Copy each line below that contains "stored".
-------- DATA FOR THIS TASK
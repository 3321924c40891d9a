-- ===== src/Documents/Sync.antt =====
-- When the stored state of a document is the replay of its update log, and what keeps it so.
pub mod Replay
use realtime_collaborative_e.Base.{
  ℕ, zero, suc, ◌+◌, ◌-◌, ◌≤◌, ◌<◌, String, ◌≡◌, refl, sym, ap, subst, ◌∙◌, Bool, true, false, ◌&&◌,
  Option, none, some, List, [], ◌∷◌, ◌++◌, ltb, lt→ltb, ◌===◌, arith, eq_iff, eq_refl, filter,
  length, filter-append, Bool-cases, Option-cases, inl, inr, if◌then◌else◌, ok, err, Result, ◌≢◌,
}
use realtime_collaborative_e.Lock
use realtime_collaborative_e.Platform.{Yjs, Ascends}
use realtime_collaborative_e.Documents.{
  World, Error, State, invalid_update, duplicate_update, Content, LogRow, snapshot_regenerated,
  apply_or_keep, load, decode, pack, inc_version, log,
}
use realtime_collaborative_e.Documents.Apply.{
  after_prepare, note_size, lock_key, compact, publish, commit, prepare, apply_y_update,
  take_snapshot, is_taken, insert, append, upsert_state, release_lock, locked, transact,
  after_transact,
}
use realtime_collaborative_e.Documents.Rebuild.{
  store_rebuilt, rebuild, process_snapshot, validate_and_repair,
}
use Replay.{Rows, rows_of, seq_of, Runs, last_seq, Runs-append, Ascends-append, rebuild_loop-Runs}

ltb-false : (a b : ℕ) → b ≤ a → ltb a b ≡ false
ltb-false a b h = ground arith

pub err-ne-ok :
    {S : Type 0} {s s' : S} {e : Error}
    → ◌≢◌ {A = S × Result Error (Unit {0})} (s, err e) (s', ok tt)
err-ne-ok h = cc

module _ (w : World) where
  open w use {yjs, config}
  open yjs use {
    byte_length, Bytes, YDoc, empty, apply, encode, gunzip, gzip, apply-encode, gunzip-gzip, sha256,
    from_base64,
  }

  -- The stored content is the document `d`, its log replays to `d` from a new document, and the
  -- log's sequence numbers ascend up to the document's version `n`.
  pub record InSync (s : State w) (id : String) (d : YDoc) (n : ℕ) : Type 0 where
    pub content : w.contents.find s.contents id ≡ some (pack w d)
    pub version : w.versions.find s.versions id ≡ some n
    pub ascends : Ascends (seq_of w) 0 (rows_of w s id)
    pub bounded : last_seq w 0 (rows_of w s id) ≤ n
    pub replays : Runs w empty (rows_of w s id) d

  load-pack : (d : YDoc) → load w (some (pack w d)) ≡ d
  load-pack d = rw (gunzip-gzip (encode d), apply_or_keep, apply-encode d)

  -- The regeneration of a snapshot from a complete log changes neither the content nor the log: it
  -- finds the document that the writers stored.
  pub process_snapshot-InSync :
      (s : State w) (id : String) (d : YDoc) (n fuel : ℕ)
      → InSync s id d n
      → length (rows_of w s id) < fuel
      → (s' : State w) × (process_snapshot w fuel s id ≡ some s') × InSync s' id d n
  unfolding process_snapshot rebuild
  process_snapshot-InSync s id d n fuel v room =
      let done =
        rebuild_loop-Runs w s id 1000 fuel [] (rows_of w s id) empty d 0 (omega arith) refl tt
          v.ascends v.replays room in
      (
        log w (store_rebuilt w s id d) snapshot_regenerated,
        rw (done, process_snapshot),
        record {
          content = w.contents.find-upsert s.contents id id (pack w d) ∙ rw (eq_refl id);
          version = v.version;
          ascends = v.ascends;
          bounded = v.bounded;
          replays = v.replays;
        },
      )

  -- The collections that `InSync` reads are the same.
  abbrev pub SameTables : State w → State w → Type 0
  SameTables s t = (s.contents ≡ t.contents) × (s.versions ≡ t.versions) × (s.updates ≡ t.updates)

  SameTables-InSync :
      (s t : State w) (id : String) (d : YDoc) (n : ℕ)
      → SameTables s t
      → InSync s id d n
      → InSync t id d n
  SameTables-InSync s t id d n (c, v, u) h = record {
    content = ap (λ x. w.contents.find x id) (sym c) ∙ h.content;
    version = ap (λ x. w.versions.find x id) (sym v) ∙ h.version;
    ascends =
        subst (λ x. Ascends (seq_of w) 0 (filter (λ r. r.document_id === id) (w.updates.rows x))) u
          h.ascends;
    bounded =
        subst (λ x. last_seq w 0 (filter (λ r. r.document_id === id) (w.updates.rows x)) ≤ n) u
          h.bounded;
    replays =
        subst (λ x. Runs w empty (filter (λ r. r.document_id === id) (w.updates.rows x)) d) u
          h.replays;
  }

  pub note_size-SameTables :
      (s : State w) (now : ℕ) (id : String) (k : ℕ) → SameTables s (note_size w s now id k)
  unfolding note_size
  note_size-SameTables s now id k = ground arith

  pub publish-SameTables :
      (s : State w) (now : ℕ) (id : String) (d : YDoc) (u : Bytes)
      → SameTables s (publish w s now id d u)
  unfolding publish
  publish-SameTables s now id d u = ground arith

  pub take_snapshot-SameTables :
      (s : State w) (id : String) (n : ℕ) (d : YDoc) → SameTables s (take_snapshot w s id n d)
  take_snapshot-SameTables s id n d = ground arith

  -- The log with one row more.
  rows_of-create :
      (s : State w) (id : String) (n : ℕ) (b : Bytes)
      → rows_of w (insert w s id n b) id
        ≡ rows_of w s id ++ record { document_id = id; seq = n; update = gzip b } ∷ []
  rows_of-create s id n b =
      ap (filter (λ r. r.document_id === id)) (w.updates.rows-create s.updates _)
      ∙ filter-append (λ r. r.document_id === id) (w.updates.rows s.updates) _
      ∙ rw (eq_refl id)

  inc_version-some :
      (s : State w) (id : String) (n : ℕ)
      → w.versions.find s.versions id ≡ some n
      → inc_version w s id
        ≡ (record s { versions = w.versions.upsert s.versions id (n + 1) }, n + 1)
  inc_version-some s id n e = rw (e, inc_version)

  -- What a transaction that is not aborted writes.
  unfoldable pub written : State w → String → YDoc → Bytes → State w × ℕ
  written s id d u =
      let (s', seq) = inc_version w s id in
      (take_snapshot w (upsert_state w (insert w s' id seq u) id d) id seq d, seq)

  -- What is left once it is committed.
  unfoldable pub settled : State w → ℕ → String → String → YDoc → Bytes → State w
  settled s now id token d u =
      let (s', seq) = written s id d u in
      publish w (release_lock w (compact w s' id seq) now id token) now id d u

  transact_taken :
      (s : State w) (id : String) (d : YDoc) (u : Bytes)
      → is_taken w (inc_version w s id).0 id (inc_version w s id).1 ≡ true
      → transact w s id d u ≡ none
  unfolding transact
  transact_taken s id d u h = rw (h, transact)

  transact_free :
      (s : State w) (id : String) (d : YDoc) (u : Bytes)
      → is_taken w (inc_version w s id).0 id (inc_version w s id).1 ≡ false
      → transact w s id d u ≡ some (written s id d u)
  unfolding transact written
  transact_free s id d u h = rw (h, transact)

  pub locked_taken :
      (s : State w) (now : ℕ) (id token : String) (d : YDoc) (u : Bytes)
      → is_taken w (inc_version w s id).0 id (inc_version w s id).1 ≡ true
      → locked w s now id token d u ≡ (release_lock w s now id token, err duplicate_update)
  unfolding locked
  locked_taken s now id token d u h =
      ap (after_transact w s now id token d u) (transact_taken s id d u h)

  pub locked_free :
      (s : State w) (now : ℕ) (id token : String) (d : YDoc) (u : Bytes)
      → is_taken w (inc_version w s id).0 id (inc_version w s id).1 ≡ false
      → locked w s now id token d u ≡ (settled s now id token d u, ok tt)
  unfolding locked settled
  locked_free s now id token d u h =
      ap (after_transact w s now id token d u) (transact_free s id d u h)

  locked-ok :
      (s s' : State w) (now : ℕ) (id token : String) (d : YDoc) (u : Bytes)
      → locked w s now id token d u ≡ (s', ok tt)
      → s' ≡ settled s now id token d u
  locked-ok s s' now id token d u e =
      elim (Bool-cases (is_taken w (inc_version w s id).0 id (inc_version w s id).1)) [
        | inl h ↦ absurd (err-ne-ok (sym (locked_taken s now id token d u h) ∙ e))
        | inr h ↦ sym (ap (λ p. p.0) (sym (locked_free s now id token d u h) ∙ e))
      ]

  -- The rows that the transaction writes, before a snapshot is taken.
  stored-InSync :
      (s : State w) (id : String) (d d' : YDoc) (n : ℕ) (u : Bytes)
      → InSync s id d n
      → apply d u ≡ some d'
      → InSync
          (upsert_state w
            (insert w
              (record s { versions = w.versions.upsert s.versions id (n + 1) })
              id
              (n + 1)
              u)
            id
            d')
          id
          d'
          (n + 1)
  stored-InSync s id d d' n u h a =
      let s' : State w = record s { versions = w.versions.upsert s.versions id (n + 1) } in
      let r : LogRow Bytes = record { document_id = id; seq = n + 1; update = gzip u } in
      let same : rows_of w (insert w s' id (n + 1) u) id ≡ rows_of w s id ++ r ∷ [] =
        rows_of-create s' id (n + 1) u in
      let (up, end) = Ascends-append w 0 n (rows_of w s id) r h.ascends h.bounded (omega arith) in
      record {
        content = w.contents.find-upsert s.contents id id (pack w d') ∙ rw (eq_refl id);
        version = w.versions.find-upsert s.versions id id (n + 1) ∙ rw (eq_refl id);
        ascends = subst (λ x. Ascends (seq_of w) 0 x) (sym same) up;
        bounded = subst (λ x. last_seq w 0 x ≤ n + 1) (sym same) (omega (arith, end));
        replays =
            subst (λ x. Runs w empty x d') (sym same)
              (Runs-append w empty d d' (rows_of w s id) r u h.replays (gunzip-gzip u) a);
      }

  written-InSync :
      (s : State w) (id : String) (d d' : YDoc) (n : ℕ) (u : Bytes)
      → InSync s id d n
      → apply d u ≡ some d'
      → InSync (written s id d' u).0 id d' (n + 1) × ((written s id d' u).1 ≡ n + 1)
  unfolding written
  written-InSync s id d d' n u h a = rw (inc_version-some s id n h.version) (
    SameTables-InSync _ _ id d' (n + 1) (take_snapshot-SameTables _ id (n + 1) d')
        (stored-InSync s id d d' n u h a),
    refl,
  )

  compact-le : (s : State w) (id : String) (n : ℕ) → n ≤ config.update_keep → compact w s id n ≡ s
  unfolding compact
  compact-le s id n h = rw (ltb-false config.update_keep n h)

  settled-InSync :
      (s : State w) (now : ℕ) (id token : String) (d d' : YDoc) (n : ℕ) (u : Bytes)
      → InSync s id d n
      → apply d u ≡ some d'
      → n < config.update_keep
      → InSync (settled s now id token d' u) id d' (n + 1)
  unfolding settled
  settled-InSync s now id token d d' n u h a keep =
      let (stored, seq) = written-InSync s id d d' n u h a in
      let t : State w = (written s id d' u).0 in
      rw (compact-le t id (written s id d' u).1 (omega (arith, seq)))
        (SameTables-InSync t _ id d' (n + 1) (publish-SameTables _ now id d' u) stored)

  pub load-content :
      (s : State w) (id : String) (d : YDoc)
      → w.contents.find s.contents id ≡ some (pack w d)
      → load w (w.contents.find s.contents id) ≡ d
  load-content s id d h = ap (load w) h ∙ load-pack d

  pub prepare-none :
      (s : State w) (now : ℕ) (id update_b64 : String) (d : YDoc)
      → load w (w.contents.find s.contents id) ≡ d
      → apply d (decode w (from_base64 update_b64)) ≡ none
      → prepare w s now id update_b64 ≡ (s, err invalid_update)
  unfolding prepare
  prepare-none s now id update_b64 d l a = rw (l, a, prepare)

  pub prepare-some :
      (s : State w) (now : ℕ) (id update_b64 : String) (d d' : YDoc)
      → load w (w.contents.find s.contents id) ≡ d
      → apply d (decode w (from_base64 update_b64)) ≡ some d'
      → prepare w s now id update_b64 ≡ (
        note_size w s now id (byte_length (encode d')),
        ok (d', decode w (from_base64 update_b64)),
      )
  unfolding prepare
  prepare-some s now id update_b64 d d' l a = rw (l, a, prepare)

  -- `applyYUpdate` on a stored document, by whether the update applies to it.
  pub apply_none :
      (s : State w) (now : ℕ) (id token update_b64 : String) (d : YDoc)
      → load w (w.contents.find s.contents id) ≡ d
      → apply d (decode w (from_base64 update_b64)) ≡ none
      → apply_y_update w s now id token update_b64 ≡ (s, err invalid_update)
  unfolding apply_y_update
  apply_none s now id token update_b64 d l a =
      ap (after_prepare w now id token) (prepare-none s now id update_b64 d l a)

  pub apply_some :
      (s : State w) (now : ℕ) (id token update_b64 : String) (d d' : YDoc)
      → load w (w.contents.find s.contents id) ≡ d
      → apply d (decode w (from_base64 update_b64)) ≡ some d'
      → apply_y_update w s now id token update_b64
        ≡ commit w
            (note_size w s now id (byte_length (encode d')))
            now
            id
            token
            d'
            (decode w (from_base64 update_b64))
  unfolding apply_y_update
  apply_some s now id token update_b64 d d' l a =
      ap (after_prepare w now id token) (prepare-some s now id update_b64 d d' l a)

  pub commit-ok :
      (s s' : State w) (now : ℕ) (id token : String) (d : YDoc) (u : Bytes)
      → commit w s now id token d u ≡ (s', ok tt)
      → (t : String) × (locks : w.locks.Store) × (s'
          ≡ settled (record s { locks = locks }) now id t d u)
  unfolding commit
  commit-ok s s' now id token d u e =
      elim (Option-cases (Lock.acquire w.locks s.locks now (lock_key w id) token 5000).1) [
        | inl g ↦ absurd (ground arith)
        | inr (t, g) ↦ (
          t,
          (Lock.acquire w.locks s.locks now (lock_key w id) token 5000).0,
          locked-ok
              (record s { locks = (Lock.acquire w.locks s.locks now (lock_key w id) token 5000).0 })
              s' now id t d u (rw (g, commit) at e),
        )
      ]

  -- An update that is written keeps the stored content equal to the replay of the log, one update
  -- and one version further, as long as the log is not yet longer than the compaction keeps.
  pub apply_y_update-InSync :
      (s s' : State w) (now : ℕ) (id token update_b64 : String) (d : YDoc) (n : ℕ)
      → InSync s id d n
      → n < config.update_keep
      → apply_y_update w s now id token update_b64 ≡ (s', ok tt)
      → (d' : YDoc) × (apply d (decode w (from_base64 update_b64)) ≡ some d')
        × InSync s' id d' (n + 1)
  apply_y_update-InSync s s' now id token update_b64 d n h keep e =
      let loaded = load-content s id d h.content in
      elim (Option-cases (apply d (decode w (from_base64 update_b64)))) [
        | inl a ↦ absurd (err-ne-ok (sym (apply_none s now id token update_b64 d loaded a) ∙ e))
        | inr (d', a) ↦
            let (t, locks, same) =
              commit-ok (note_size w s now id (byte_length (encode d'))) s' now id token d'
                (decode w (from_base64 update_b64))
                (sym (apply_some s now id token update_b64 d d' loaded a) ∙ e) in
            (
              d',
              a,
              subst (λ x. InSync x id d' (n + 1)) (sym same)
                  (settled-InSync _ now id t d d' n _
                    (SameTables-InSync s _ id d n (note_size-SameTables s now id _) h) a keep),
            )
      ]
----------------
> **THE COMPLETED TASK**
-- When the stored state of a document is the replay of its update log, and what keeps it so.
  -- The stored content is the document `d`, its log replays to `d` from a new document, and the
  -- finds the document that the writers stored.
  stored-InSync :
  stored-InSync s id d d' n u h a =
        (stored-InSync s id d d' n u h a),
      let (stored, seq) = written-InSync s id d d' n u h a in
        (SameTables-InSync t _ id d' (n + 1) (publish-SameTables _ now id d' u) stored)
  -- `applyYUpdate` on a stored document, by whether the update applies to it.
  -- An update that is written keeps the stored content equal to the replay of the log, one update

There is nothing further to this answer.